In the same time frame, the S&P 500 was up 3 months later 73.85% of the time for any randomly selected day, with an average return of 2.88% and a standard deviation of 6.78%. For a relation to the scientific method, this would effectively be the control trial, where the strategy of going long on the S&P 500 after a 1% gap is the interventional trial. When there is a difference between 2 observations of 2 or more standard deviations, then we can declare that the two results are statistically significant, and the observed difference is highly likely to be due to a real effect as opposed to happenstance.

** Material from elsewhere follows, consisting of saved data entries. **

-- ===== src/Web/NewGroup.antt =====
-- `buildGroupForm` of internal/handlers/api.go: the form of a new group, with the caller first.
-- `lower` is strings.ToLower.
pub mod Distinct
use spliit_mcp.Prelude.{
  ℕ, String, Bool, not, ◌&&◌, ◌||◌, List, [], ◌∷◌, ◌++◌, Option, none, some, map, ◌==◌, any, ltb,
  if◌then◌else◌,
}
use spliit_mcp.Text.{trim_space, is_blank, byte_length}
use spliit_mcp.Spliit.Model.{GroupFormParticipant, GroupForm}
use spliit_mcp.Tools.GroupForm.{has}

-- The errors of buildGroupForm.
pub data NameRefusal : Type 0 where
  short_participant : String → NameRefusal
  short_group : NameRefusal

pub data Built : Type 0 where
  built : GroupForm → Built
  refused : NameRefusal → Built

abbrev pub new_participant : String → GroupFormParticipant
new_participant name = record { id = none; name = name }

-- `len(p.Name) < 2`
unfoldable pub is_short : String → Bool
unfolding byte_length
is_short name = ltb (byte_length name) 2

-- The first name that is too short.
unfoldable pub first_short : List String → Option String
unfolding is_short
first_short [] = none
first_short (n ∷ ns) = if is_short n then some n else first_short ns

unfoldable pub currency_or_usd : String → String
unfolding trim_space is_blank
currency_or_usd currency = if is_blank currency then "USD" else trim_space currency

-- The checks of the lengths, and the form.
abbrev pub checked_form : Option String → String → String → List String → Built
checked_form (some short) name currency names = refused (short_participant short)
checked_form none name currency names =
    if is_short name
    then refused short_group
    else built (record {
      name = name;
      information = none;
      currency = currency_or_usd currency;
      currency_code = none;
      participants = map new_participant names;
    })

module _ (lower : String → String) where
  -- The loop over the others, where `seen` lists the keys of the map.
  unfoldable pub add_others : List String → List String → List String
  unfolding trim_space has
  add_others seen [] = []
  add_others seen (given ∷ rest) =
      let other = trim_space given in
      let skipped = add_others seen rest in
      let longer = other ∷ add_others (lower other ∷ seen) rest in
      if other == "" || has seen (lower other) then skipped else longer

  -- The names of the participants.
  unfoldable pub group_names : String → List String → List String
  unfolding add_others
  group_names your_name others = your_name ∷ add_others (lower your_name ∷ []) others

  -- `buildGroupForm`
  unfoldable pub build_new_form : String → String → String → List String → Built
  unfolding group_names first_short currency_or_usd is_short
  build_new_form name currency your_name others =
      let names = group_names your_name others in
      checked_form (first_short names) name currency names
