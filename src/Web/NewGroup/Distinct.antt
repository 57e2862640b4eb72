-- ===== src/Web/NewGroup/Distinct.antt =====
-- Who is in the form of a new group.
use spliit_mcp.Prelude.{
  ◌≤◌, String, ◌≡◌, refl, sym, ap, subst, Bool, true, false, List, [], ◌∷◌, Option, none, some,
  arith, eq_iff, eq_refl, ◌==◌, ◌||◌, any, Bool-cases, inl, inr, map, All,
}
use spliit_mcp.Text.{trim_space, byte_length}
use spliit_mcp.Spliit.Model.{GroupFormParticipant, GroupForm}
use spliit_mcp.Store.Consistent.{Distinct}
use spliit_mcp.Tools.GroupForm.{has}
use spliit_mcp.Web.NewGroup.{
  Built, built, refused, new_participant, is_short, first_short, checked_form, add_others,
  group_names, build_new_form,
}

All-weaker :
    {P Q : String → Type 0} → ((s : String) → P s → Q s) → (xs : List String) → All P xs → All Q xs
All-weaker f [] h = tt
All-weaker f (x ∷ xs) h = (f x h.0, All-weaker f xs h.1)

module _ (lower : String → String) where
  abbrev pub same : String → String → Bool
  same x y = lower x == lower y

  -- A name whose key was seen is not added.
  add_others-seen :
      (seen others : List String) (k : String)
      → has seen k ≡ true
      → any (λ y. k == lower y) (add_others lower seen others) ≡ false
  unfolding add_others any has
  add_others-seen seen [] k h = refl
  add_others-seen seen (given ∷ rest) k h =
      let other = trim_space given in
      elim (Bool-cases (other == "" || has seen (lower other))) [
        | inl skip ↦ rw skip (add_others-seen seen rest k h)
        | inr new ↦ rw new (
            ground (
              arith,
              eq_iff k (lower other),
              add_others-seen (lower other ∷ seen) rest k (ground (arith, h)),
            ))
      ]

  add_others-Distinct : (seen others : List String) → Distinct same (add_others lower seen others)
  unfolding add_others any has
  add_others-Distinct seen [] = tt
  add_others-Distinct seen (given ∷ rest) =
      let other = trim_space given in
      elim (Bool-cases (other == "" || has seen (lower other))) [
        | inl skip ↦ rw skip (add_others-Distinct seen rest)
        | inr new ↦ rw new (
          add_others-seen (lower other ∷ seen) rest (lower other) (rw eq_refl refl),
          add_others-Distinct (lower other ∷ seen) rest,
        )
      ]

  -- Every other who has a name is among the keys or among the names.
  abbrev Counted : List String → List String → String → Type 0
  Counted seen names other =
      ((trim_space other == "" || has seen (lower (trim_space other)))
        || any (same (trim_space other)) names)
      ≡ true

  Counted-more :
      (seen names : List String) (x s : String)
      → Counted (lower x ∷ seen) names s
      → Counted seen (x ∷ names) s
  unfolding any has
  Counted-more seen names x s h =
      ground
        (arith, eq_iff (lower x) (lower (trim_space s)), eq_iff (lower (trim_space s)) (lower x), h)

  add_others-Counted :
      (seen others names : List String)
      → names ≡ add_others lower seen others
      → All (Counted seen names) others
  unfolding add_others any has
  add_others-Counted seen [] names e = tt
  add_others-Counted seen (given ∷ rest) names e =
      let other = trim_space given in
      elim (Bool-cases (other == "" || has seen (lower other))) [
        | inl skip ↦ (rw skip refl, add_others-Counted seen rest names (rw skip at e))
        | inr new ↦
            let longer : names ≡ other ∷ add_others lower (lower other ∷ seen) rest = rw new at e in
            (
              rw (new, longer, eq_refl) refl,
              subst (λ l. All (Counted seen l) rest) (sym longer)
                  (All-weaker (Counted-more seen (add_others lower (lower other ∷ seen) rest) other)
                    rest (add_others-Counted (lower other ∷ seen) rest _ refl)),
            )
      ]

first_short-none :
    (names : List String) → first_short names ≡ none → All (λ n. 2 ≤ byte_length n) names
unfolding first_short is_short
first_short-none [] h = tt
first_short-none (n ∷ ns) h = (ground (arith, h), first_short-none ns (ground (arith, h)))

names_of-new :
    (names : List String)
    → map (λ (p : GroupFormParticipant). p.name) (map new_participant names) ≡ names
names_of-new [] = refl
names_of-new (n ∷ ns) = ap (λ l. n ∷ l) (names_of-new ns)

-- Who is in a form.
pub record Members (lower : String → String) (your_name : String) (others : List String)
    (form : GroupForm) : Type 0 where
  pub names : List String
  pub of_form : map (λ (p : GroupFormParticipant). p.name) form.participants ≡ your_name ∷ names
  pub distinct : Distinct (same lower) (your_name ∷ names)
  pub complete :
      All
        (λ o. ((trim_space o == "") || any (same lower (trim_space o)) (your_name ∷ names)) ≡ true)
        others
  pub long_enough : All (λ n. 2 ≤ byte_length n) (your_name ∷ names)
  pub long_name : 2 ≤ byte_length form.name

participants_of : Built → List GroupFormParticipant → List GroupFormParticipant
participants_of (built form) ps = form.participants
participants_of (refused x) ps = ps

name_of : Built → String → String
name_of (built form) n = form.name
name_of (refused x) n = n

form_of_checked :
    (short : Option String) (name currency : String) (names : List String) (form : GroupForm)
    → checked_form short name currency names ≡ built form
    → (short ≡ none)
      × (map (λ (p : GroupFormParticipant). p.name) form.participants ≡ names)
      × (2 ≤ byte_length form.name)
unfolding is_short participants_of name_of
form_of_checked (some s) name currency names form h = cc
form_of_checked none name currency names form h = elim (Bool-cases (is_short name)) [
  | inl short ↦ cc (rw short at h)
  | inr long ↦
      let e = rw long at h in
      let ps = ap (λ b. participants_of b []) e in
      let n = ap (λ b. name_of b "") e in
      (refl, rw (sym ps) (names_of-new names), rw (sym n) (ground (arith, long)))
]

-- A form that is built puts the caller first, holds no two names that are the same up to case, holds
-- the trimmed name of everybody else who has one up to case, and has no name, its own included, of
-- fewer than two bytes.
pub build_new_form-Members :
    (lower : String → String) (name currency your_name : String) (others : List String)
    (form : GroupForm)
    → build_new_form lower name currency your_name others ≡ built form
    → Members lower your_name others form
unfolding build_new_form group_names has any
build_new_form-Members lower name currency your_name others form h =
    let names = add_others lower (lower your_name ∷ []) others in
    let f =
      form_of_checked (first_short (your_name ∷ names)) name currency (your_name ∷ names) form h in
    record {
      names = names;
      of_form = f.1;
      distinct = (
        add_others-seen lower (lower your_name ∷ []) others (lower your_name) (rw eq_refl refl),
        add_others-Distinct lower (lower your_name ∷ []) others,
      );
      complete =
          All-weaker
            (λ o c. ground (
              arith,
              c,
              eq_iff (lower your_name) (lower (trim_space o)),
              eq_iff (lower (trim_space o)) (lower your_name),
            ))
            others (add_others-Counted lower (lower your_name ∷ []) others names refl);
      long_enough = first_short-none (your_name ∷ names) f.0;
      long_name = f.2;
    }
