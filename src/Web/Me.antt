-- ===== src/Web/Me.antt =====
-- `meResponse`, `GetMe` and `UpdateMe` of internal/handlers/api.go.
pub mod Saved
use spliit_mcp.Prelude.{String, Option, none, some, is_some, not, ◌&&◌, ◌==◌, if◌then◌else◌}
use spliit_mcp.Text.{trim_space}
use spliit_mcp.Store.Rows.{User, StoreError, not_found}
use spliit_mcp.Store.Users
use spliit_mcp.Store.Users.{get_user, set_display_name}
use spliit_mcp.Tools.World.{Env, read, write}
use spliit_mcp.Web.Reply.{
  Response, Me, error, me_body, Handler, ◌>>=◌, pure, answer, stored, body_or_bad, internal_error,
  server_error,
}

abbrev or_empty : Option String → String
or_empty none = ""
or_empty (some id) = id

-- `meResponse`
abbrev pub me_of : User → Me
me_of u = record {
  sub = u.sub;
  email = u.email;
  display_name = u.display_name;
  default_group_id = or_empty u.default_group_id;
}

-- The body of UpdateMe.
pub record MeEdit : Type 0 where
  pub display_name : Option String
  pub default_group_id : Option String

abbrev pub group_missing : StoreError → Response
group_missing not_found = record { status = 404; body = error "group not found" }
group_missing other = internal_error

-- The display name that is asked for, trimmed.
unfoldable pub wanted_name : Option String → Handler (Option String)
unfolding trim_space
wanted_name none = pure none
wanted_name (some given) =
    if trim_space given == ""
    then answer 400 (error "display_name must not be empty")
    else pure (some (trim_space given))

module _ {D : Type 0} (env : Env D) (user : User) where
  -- `GetMe`
  unfoldable pub get_me : Handler Response
  get_me = pure (record { status = 200; body = me_body (me_of user) })

  -- The write of the default group, where one is asked for.
  unfoldable pub save_default : Option String → Handler (Unit {0})
  unfolding write Users.set_default_group trim_space stored
  save_default none = pure tt
  save_default (some id) = stored group_missing (
      write env (λ fault now fresh db.
        Users.set_default_group env.engine fault now user.sub (trim_space id) db))

  -- The write of the display name, where one is asked for.
  unfoldable pub save_name : Option String → Handler (Unit {0})
  unfolding write set_display_name stored
  save_name none = pure tt
  save_name (some name) =
      stored server_error
        (write env (λ fault now fresh db. set_display_name env.engine fault now user.sub name db))

  -- `UpdateMe`
  unfoldable pub update_me : Option MeEdit → Handler Response
  unfolding read wanted_name save_default save_name get_user body_or_bad stored
  update_me given = do
    body ← body_or_bad given
    if not (is_some body.display_name) && not (is_some body.default_group_id)
        then answer 400 (error "nothing to update; send display_name or default_group_id")
        else (do
          name ← wanted_name body.display_name
          _ ← save_default body.default_group_id
          _ ← save_name name
          updated ← stored server_error (read env (λ fault db. get_user fault db user.sub))
          pure (record { status = 200; body = me_body (me_of updated) }))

In this case, the results of the control (randomly choosing a day to open a long position) and the gap up strategy (opening a long position after a gap up over 1%) are well within 2 standard deviations of each other.
Perhaps the main takeaway from this is that, outside of yielding insanely outsized gains, it is unlikely that the vast majority of short-term trading strategies are actually effective beyond getting lucky. One way to increase confidence in a short-term strategy, however, is to get a larger sample size, which would shorten the error bars if the strategy is actually consistently effective. Without fully overlapping errors (e.g. if the standard deviation of the gap up strategy was only 1%), it becomes much less likely that the two results are statistically equivalent. This would lend credence to a claim that a certain signal/indicator is actually predictive and useful. Soap box time: but without reporting these errors, LIKE NEARLY ALL OF WALL STREET NEGLECTS TO DO, I will lend zero credence until properly performing the statistical analysis myself, and I’m a busy person, so I just don’t listen to the finance bros. Analyzing statistics really does provide a vast amount of context for investors, and it is hyperbolically criminal that people in the financial industry are not required to have a legitimate understanding of and respect for statistics before being allowed to handle people’s money. A closing bit of advice: think for yourself; trust but verify.